SFEEU2023 Society for Endocrinology Clinical Update 2023 Workshop A: Disorders of the hypothalamus and pituitary (16 abstracts)
Queen Elizabeth Hospital, Birmingham, United Kingdom
A 44 year old man was referred in 2012 to his local endocrine service for headaches and visual deterioration with bi-temporal hemianopia. His prolactin was found at 107,240 mU/l(85-325) and pituitary MRI demonstrated a 3.1x1.5x3.3 cm adenoma, compressing the optic chiasm. He was commenced on cabergoline 0.5 mg twice per week and hydrocortisone 20 mg and 10 mg empirically and was referred to us. On review in our Pituitary clinic, he reported considerable improvement in his headaches and vision. Formal assessment of his visual fields had shown no deficits. Blood tests showed prolactin 18174 mU/l(85-325), 11: a.m. testosterone 2.3 nmol/l(7.0-27.0), SHBG 17.4 nmol/l(19.0-95.0) , FSH 3.1 IU/l(1.5-12.4), LH 2.2 IU/ L (1.7-8.6), IGF-1:17 nmol/l(13-37) and free T4 15.5 pmol/l(9-19). He had normal cortisol response on the short Synacthen test and he was advised to stop hydrocortisone. Baseline echocardiogram showed a good biventricular systolic function and normal valves. During the subsequent follow-up, his prolactin continued to decline slowly with also significant shrinkage of the tumour. In 2014, the dose of cabergoline was increased to 0.5 mg three times per week due to a slight increase in the prolactin levels.
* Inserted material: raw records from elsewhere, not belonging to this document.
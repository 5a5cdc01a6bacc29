-- ===== src/Data/Tests.antt =====
-- The theorems on the stores at concrete users and identities.
use cbank_system.Prelude.{◌≡◌, refl, true, false, List, [], ◌∷◌, none, arith}
use cbank_system.Prelude.Ret.{ok, ◌>>=◌}
use cbank_system.Text.{codes, bytes_eq, print_nat}
use cbank_system.Orm.Files.{Files, put_file}
use cbank_system.Orm.Insert.{row_text}
use cbank_system.Orm.Tests.{naturals}
use cbank_system.Data.Users.{mount_user_from_line_buf}
use cbank_system.Data.Users.Mount.{
  StoredUser, stored_row, IsStored, mounted, mount_user_from_line_buf-stored_row,
}
use cbank_system.Data.Users.Find.{IsLine}
use cbank_system.Data.Identity.{db_id_tracker_section, get_next_identity, updt_next_identity}
use cbank_system.Data.Identity.Tracker.{Identity, IsIdentity, tracker_text}
use cbank_system.Data.Identity.Query.{entries_of}
use cbank_system.Data.Identity.Next.{get_next_identity-updt_next_identity}

abbrev pub ana : StoredUser
ana = record {
  id = codes "7";
  name = codes "Ana";
  cpf = codes "12345678900";
  email = codes "ana@x.br";
  password = codes "PHhash";
  created_at = codes "2024-01-02 03:04:05";
}

pub ana-IsStored : IsStored ana
ana-IsStored = (
  ((λ e. cc), omega arith, omega arith, omega arith),
  ((λ e. cc), omega arith, omega arith, omega arith),
  ((λ e. cc), omega arith, omega arith, omega arith),
  ((λ e. cc), omega arith, omega arith, omega arith),
  ((λ e. cc), omega arith, omega arith, omega arith),
  ((λ e. cc), omega arith, omega arith, omega arith),
)

pub ana-IsLine : IsLine ana
ana-IsLine = (omega arith, omega arith, omega arith, omega arith, omega arith, omega arith)

mount_user_from_line_buf-stored_row_example :
    mount_user_from_line_buf (row_text (stored_row ana)) ≡ ok (mounted ana)
mount_user_from_line_buf-stored_row_example = mount_user_from_line_buf-stored_row ana ana-IsStored

abbrev pub user_store : Identity
user_store = record { name = codes "./stores/user_db"; cur_id = 9; closed = false }

abbrev pub account_store : Identity
account_store = record { name = codes "./stores/account_db"; cur_id = 41; closed = true }

abbrev tracker : List Identity
tracker = user_store ∷ account_store ∷ []

pub user_store-IsIdentity : IsIdentity user_store
user_store-IsIdentity = ((λ e. cc), omega arith, omega arith, omega arith, omega arith, omega arith)

pub account_store-IsIdentity : IsIdentity account_store
account_store-IsIdentity =
    ((λ e. cc), omega arith, omega arith, omega arith, omega arith, omega arith)

abbrev disk : Files
disk = put_file (λ p. none) db_id_tracker_section (tracker_text tracker)

get_next_identity-updt_next_identity_example :
    (get_next_identity naturals disk (codes "./stores/account_db") 50 ≡ ok (print_nat 41))
    × ((updt_next_identity disk (codes "./stores/account_db")
          >>= (λ files'. get_next_identity naturals files' (codes "./stores/account_db") 50))
        ≡ ok (print_nat 42))
unfolding bytes_eq entries_of
get_next_identity-updt_next_identity_example =
    get_next_identity-updt_next_identity naturals disk (codes "./stores/account_db") tracker []
      account_store refl (user_store-IsIdentity, (account_store-IsIdentity, tt))
      (omega arith, (omega arith, tt)) (omega arith) refl
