-- ===== src/Core/Auth/Login.antt =====
-- core/auth.c: who can log in.
use cbank_system.Prelude.{
  ◌≤◌, ◌≡◌, ◌↔◌, refl, true, List, Option, some, none, map, length, All, Bool-cases, inl, inr, sym,
  ap, ◌∙◌,
}
use cbank_system.Prelude.Ret.{ok}
use cbank_system.Text.{Bytes, bytes_eq, bytes_eq_iff}
use cbank_system.Orm.Files.{Files}
use cbank_system.Orm.Filtering.{Doubles}
use cbank_system.Orm.Select.{db_user_section}
use cbank_system.Orm.Table.{table_text}
use cbank_system.Data.Users.Mount.{StoredUser, stored_row, mounted}
use cbank_system.Data.Users.Find.{
  IsUser, find_user, users_of, found_user, get_user_by_cpf-find_user,
}
use cbank_system.Core.Auth.{
  Crypt, pwd_hash_salt, hash_str, LoginResponse, login_refused, check_password, login,
}

-- The user whom a CPF and the hash of a password let in.
abbrev pub Admits : Option StoredUser → Bytes → LoginResponse → Type 0
Admits found hash response =
    (response.success ≡ true)
    ↔ ((s : StoredUser) × (found ≡ some s) × (s.password ≡ hash) × (response.user ≡ mounted s))

check_password-found_user :
    (crypt : Crypt) (pwd hash : Bytes) (found : Option StoredUser)
    → crypt pwd pwd_hash_salt ≡ some hash
    → (response : LoginResponse) × (check_password crypt pwd (found_user found) ≡ ok response)
      × Admits found hash response
unfolding check_password found_user
check_password-found_user crypt pwd hash none e =
    (login_refused, refl, (λ h. cc, λ (s, at, h, j). cc))
check_password-found_user crypt pwd hash (some s) e = elim (Bool-cases (bytes_eq hash s.password)) [
  | inl f ↦ (
    record { user = mounted s; success = true },
    rw (e, hash_str, f) refl,
    (λ h. (s, refl, sym ((bytes_eq_iff hash s.password).0 f), refl), λ h. refl),
  )
  | inr f ↦ (
    login_refused,
    rw (e, hash_str, f) refl,
    (
      λ h. cc,
      λ (t, at, h, j).
          let same : s ≡ t = cc in
          let held : bytes_eq hash s.password ≡ true =
            (bytes_eq_iff hash s.password).1 (sym (ap (λ (u : StoredUser). u.password) same ∙ h)) in
          cc,
    ),
  )
]

-- On a table of stored users of which at most a hundred have the CPF, and where `crypt` gives a
-- hash, `login` returns. It succeeds exactly when the first user of the CPF has that hash stored,
-- and then it returns that user.
pub login_iff :
    (d : Doubles) (crypt : Crypt) (files : Files) (cpf pwd hash : Bytes) (users : List StoredUser)
    → files db_user_section ≡ some (table_text (map stored_row users))
    → All IsUser users
    → length (users_of cpf users) ≤ 100
    → crypt pwd pwd_hash_salt ≡ some hash
    → (response : LoginResponse) × (login d crypt files cpf pwd ≡ ok response)
      × Admits (find_user cpf users) hash response
unfolding login
login_iff d crypt files cpf pwd hash users at h few e =
    rw (get_user_by_cpf-find_user d files cpf users at h few)
      (check_password-found_user crypt pwd hash (find_user cpf users) e)
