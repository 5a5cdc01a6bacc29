-- ===== src/Core/Auth/Tests.antt =====
-- The theorem on the login at a concrete table.
use cbank_system.Prelude.{◌≡◌, refl, [], ◌∷◌, none, some, map, arith}
use cbank_system.Prelude.Ret.{ok}
use cbank_system.Text.{codes, bytes_eq}
use cbank_system.Orm.Files.{Files, put_file}
use cbank_system.Orm.Select.{db_user_section}
use cbank_system.Orm.Table.{table_text}
use cbank_system.Orm.Tests.{naturals}
use cbank_system.Data.Users.Mount.{stored_row}
use cbank_system.Data.Users.Find.{find_user, users_of}
use cbank_system.Data.Tests.{ana, ana-IsStored, ana-IsLine}
use cbank_system.Core.Auth.{Crypt, LoginResponse, login}
use cbank_system.Core.Auth.Login.{Admits, login_iff}

-- Every password has the hash that Ana's has.
abbrev pub toy_crypt : Crypt
toy_crypt = λ pwd salt. some (codes "PHhash")

abbrev pub bank : Files
bank = put_file (λ p. none) db_user_section (table_text (map stored_row (ana ∷ [])))

login_iff_example :
    (response : LoginResponse) × (login naturals toy_crypt bank
        (codes "12345678900")
        (codes "secret")
      ≡ ok response)
    × Admits (find_user (codes "12345678900") (ana ∷ [])) (codes "PHhash") response
unfolding bytes_eq users_of
login_iff_example =
    login_iff naturals toy_crypt bank (codes "12345678900") (codes "secret") (codes "PHhash")
      (ana ∷ []) refl ((ana-IsStored, ana-IsLine), tt) (omega arith) refl
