-- ===== src/Server/Router.antt =====
-- server/router.c: the registry of routes. A pointer that may be null is an `Option`; a function
-- pointer is the name of the function it points to.
pub mod Registry
use cbank_system.Prelude.{
  ℕ, zero, suc, ◌+◌, ◌*◌, Bool, true, false, List, [], ◌∷◌, ◌++◌, Option, none, some, length, leb,
  ◌==◌, if◌then◌else◌,
}
use cbank_system.Prelude.Ret.{Ret, ok, fault, ◌>>=◌}
use cbank_system.Text.{Bytes, bytes_eq, case_eq}
use cbank_system.Server.Http.{HttpRequest}

pub data RouteHandler : Type 0 where
  handle_home handle_accounts handle_api_accounts handle_login handle_register_acocunt
        handle_transfer handle_extract handle_cards handle_payments :
      RouteHandler

pub data Middleware : Type 0 where
  decode_url auth : Middleware

pub record Route : Type 0 where
  pub path : Bytes
  pub handler : RouteHandler
  pub allowed_methods : List (Option (List ℕ))
  pub middlewares : List (Option Middleware)
  pub method_count : ℕ
  pub middleware_count : ℕ

pub data HandlerErrorFlags : Type 0 where
  no_error_flag not_found_flag method_not_allowed_flag : HandlerErrorFlags

pub record RouteValidationResponse : Type 0 where
  pub route : Option Route
  pub error_flag : HandlerErrorFlags
  pub valid : Bool

-- The `count` routes that the block holds, and how many it has room for.
pub record RouteRegistry : Type 0 where
  pub routes : List Route
  pub capacity : ℕ

abbrev pub init_route_registry : RouteRegistry
init_route_registry = record { routes = []; capacity = 0 }

-- The loop that counts the entries of an array in front of the first null one.
unfoldable pub count_filled {ℓ} : {A : Type ℓ} → List (Option A) → ℕ
count_filled [] = 0
count_filled (none ∷ entries) = 0
count_filled (some a ∷ entries) = suc (count_filled entries)

unfoldable pub counted : Route → Route
counted route = record route {
  method_count = count_filled route.allowed_methods;
  middleware_count = count_filled route.middlewares;
}

unfoldable pub new_capacity : ℕ → ℕ
new_capacity capacity = if capacity == 0 then 8 else capacity * 2

-- `granted n` tells whether `realloc` finds room for `n` routes; `none` is the error -1, on which the
-- registry is left as it is.
unfoldable pub register_route : (ℕ → Bool) → RouteRegistry → Route → Option RouteRegistry
register_route granted registry route =
    let routes' = registry.routes ++ counted route ∷ [] in
    if leb registry.capacity (length registry.routes)
    then if granted (new_capacity registry.capacity)
      then some (record { routes = routes'; capacity = new_capacity registry.capacity })
      else none
    else some (record registry { routes = routes' })

unfoldable pub found : Route → RouteValidationResponse
found r = record { route = some r; error_flag = no_error_flag; valid = true }

abbrev pub refused : HandlerErrorFlags → RouteValidationResponse
refused flag = record { route = none; error_flag = flag; valid = false }

-- The inner loop of `get_route`: a null entry in front of the count would be followed.
unfoldable pub has_method : Bytes → List (Option (List ℕ)) → ℕ → Ret Bool
has_method method allowed zero = ok false
has_method method [] (suc n) = fault
has_method method (none ∷ allowed) (suc n) = fault
has_method method (some a ∷ allowed) (suc n) =
    let rest = has_method method allowed n in if case_eq method a then ok true else rest

-- The outer loop: the first route of that path decides.
unfoldable pub find_route : List Route → HttpRequest → Ret RouteValidationResponse
find_route [] req = ok (refused not_found_flag)
find_route (route ∷ routes) req =
    let rest = find_route routes req in
    let allowed = has_method req.method route.allowed_methods route.method_count in
    if bytes_eq req.path route.path
    then (allowed >>= λ yes. ok (if yes then found route else refused method_not_allowed_flag))
    else rest

unfoldable pub get_route : RouteRegistry → HttpRequest → Ret RouteValidationResponse
get_route registry req = find_route registry.routes req

-- `main` ignores the result of `register_route`.
unfoldable pub registry_after : RouteRegistry → Option RouteRegistry → RouteRegistry
registry_after registry none = registry
registry_after registry (some next) = next

-- The loop of `main` over the declared routes.
unfoldable pub register_all : (ℕ → Bool) → RouteRegistry → List Route → RouteRegistry
register_all granted registry [] = registry
register_all granted registry (route ∷ routes) =
    register_all granted (registry_after registry (register_route granted registry route)) routes
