-- A valid object is read back from its own mapping.
pub from_mapping-as_mapping :
    (r : CurationEvidenceRecord) → IsValid r → from_mapping (as_mapping r) ≡ ok r
unfolding from_mapping as_mapping require_exact_keys item require_text require_version_one
from_mapping-as_mapping r h =
    rw
      (
        text_eq_refl (text "knowledgeflow.curation-experiment-record"),
        (items_read_back SegmentRecord.from_mapping SegmentRecord.as_mapping SegmentRecord.IsValid
            "segments" false r.segments SegmentRecord.from_mapping-as_mapping h.valid_segments
            h.own.segment_count (some_segments r h.own)).0,
        (items_read_back SegmentRecord.from_mapping SegmentRecord.as_mapping SegmentRecord.IsValid
            "segments" false r.segments SegmentRecord.from_mapping-as_mapping h.valid_segments
            h.own.segment_count (some_segments r h.own)).1,
        (items_read_back ScopeRecord.from_mapping ScopeRecord.as_mapping ScopeRecord.IsValid "scope"
            false r.scope ScopeRecord.from_mapping-as_mapping h.valid_scope h.own.scope_count
            (some_scope r h.own)).0,
        (items_read_back ScopeRecord.from_mapping ScopeRecord.as_mapping ScopeRecord.IsValid "scope"
            false r.scope ScopeRecord.from_mapping-as_mapping h.valid_scope h.own.scope_count
            (some_scope r h.own)).1,
        (items_read_back EvidenceLocator.from_mapping EvidenceLocator.as_mapping
            EvidenceLocator.IsValid "locators" true r.locators
            EvidenceLocator.from_mapping-as_mapping h.valid_locators h.own.locator_count refl).0,
        (items_read_back EvidenceLocator.from_mapping EvidenceLocator.as_mapping
            EvidenceLocator.IsValid "locators" true r.locators
            EvidenceLocator.from_mapping-as_mapping h.valid_locators h.own.locator_count refl).1,
        SourceBinding.from_mapping-as_mapping r.source h.valid_source,
        ByteRange.from_mapping-as_mapping r.declared_scope "declared_scope" h.valid_declared_scope,
        SegmentationProfile.from_mapping-as_mapping r.segmentation_profile
            h.valid_segmentation_profile,
      )
      (init-values r h.own)
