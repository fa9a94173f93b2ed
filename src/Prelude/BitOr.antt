-- ===== src/Prelude/BitOr.antt =====
-- `|` as arithmetic: bits that are set in a number whose low digits are zero.
use Prim.Native.Nat.{
  ℕ, zero, suc, ◌+◌, ◌*◌, ◌/◌, ◌%◌, ◌^◌, ◌<◌, ◌≤◌, max, bit_or, digits, bit_or-bitwise,
}
use mathlib.Core.Path.{◌≡◌, refl, ap, ◌∙◌}
use native.Mathlib.Nat.{pow-suc}
use native.Mathlib.Omega.{arith}

-- The digits of a disjunction, with the count of digits as an argument of its own.
abbrev disj : ℕ → ℕ → ℕ → ℕ
disj n a b = digits (λ b. b) max n a b

-- A larger count changes nothing.
disj-more : (n m a b : ℕ) → a ≤ n → a ≤ m → disj n a b ≡ disj m a b
disj-more zero zero a b p q = refl
disj-more zero (suc m) zero b p q = refl
disj-more zero (suc m) (suc a) b p q = absurd (omega arith)
disj-more (suc n) zero zero b p q = refl
disj-more (suc n) zero (suc a) b p q = absurd (omega arith)
disj-more (suc n) (suc m) zero b p q = refl
disj-more (suc n) (suc m) (suc a) b p q =
    ap (λ t. t * 2 + max (suc a % 2) (b % 2))
      (disj-more n m (suc a / 2) (b / 2) (omega arith) (omega arith))

pub bit_or-digit : (a b : ℕ) → bit_or a b ≡ bit_or (a / 2) (b / 2) * 2 + max (a % 2) (b % 2)
bit_or-digit zero b = omega (arith, bit_or-bitwise 0 b, bit_or-bitwise 0 (b / 2))
bit_or-digit (suc a) b = omega (
  arith,
  bit_or-bitwise (suc a) b,
  bit_or-bitwise (suc a / 2) (b / 2),
  disj-more a (suc a / 2) (suc a / 2) (b / 2) (omega arith) (omega arith),
)

pub bit_or-zero_below : (n a : ℕ) → a ≤ n → bit_or a 0 ≡ a
bit_or-zero_below zero zero h = refl
bit_or-zero_below zero (suc a) h = absurd (omega arith)
bit_or-zero_below (suc n) zero h = refl
bit_or-zero_below (suc n) (suc a) h =
    omega (arith, bit_or-digit (suc a) 0, bit_or-zero_below n (suc a / 2) (omega arith))

pub bit_or-zero : (a : ℕ) → bit_or a 0 ≡ a
bit_or-zero a = bit_or-zero_below a a (omega arith)

pub bit_or-one : (a : ℕ) → a % 2 ≡ 0 → bit_or a 1 ≡ a + 1
bit_or-one a h = omega (arith, bit_or-digit a 1, bit_or-zero (a / 2))

pub bit_or-two : (a : ℕ) → a / 2 % 2 ≡ 0 → bit_or a 2 ≡ a + 2
bit_or-two a h = omega (arith, bit_or-digit a 2, bit_or-one (a / 2) h)

-- A number on top of k low digits.
pub bit_or-above : (k a b : ℕ) → a < 2 ^ k → bit_or a (b * 2 ^ k) ≡ a + b * 2 ^ k
bit_or-above zero zero b h = bit_or-bitwise 0 (b * 2 ^ 0) ∙ omega arith
bit_or-above zero (suc a) b h = absurd (omega arith)
bit_or-above (suc k) a b h = ground (
  arith,
  bit_or-digit a (b * 2 ^ suc k),
  bit_or-above k (a / 2) b (omega (arith, pow-suc 2 k)),
  shifted b k,
)
  where
    shifted : (b k : ℕ) → b * 2 ^ suc k ≡ b * 2 ^ k * 2
    shifted b k = omega (arith, ap (λ (t : ℕ). b * t) (pow-suc 2 k))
This led to a further gradual reduction of the prolactin, as well as normalisation of his testosterone levels. In 2018, follow-up echocardiogram showed normal function and structure of the heart, with no evidence of valve disease. On last assessment in January 2023, he was still on cabergoline 0.5 mg three times a week with no reported side effects. The repeat prolactin is awaiting and his pituitary scan MRI demonstrated an empty sella.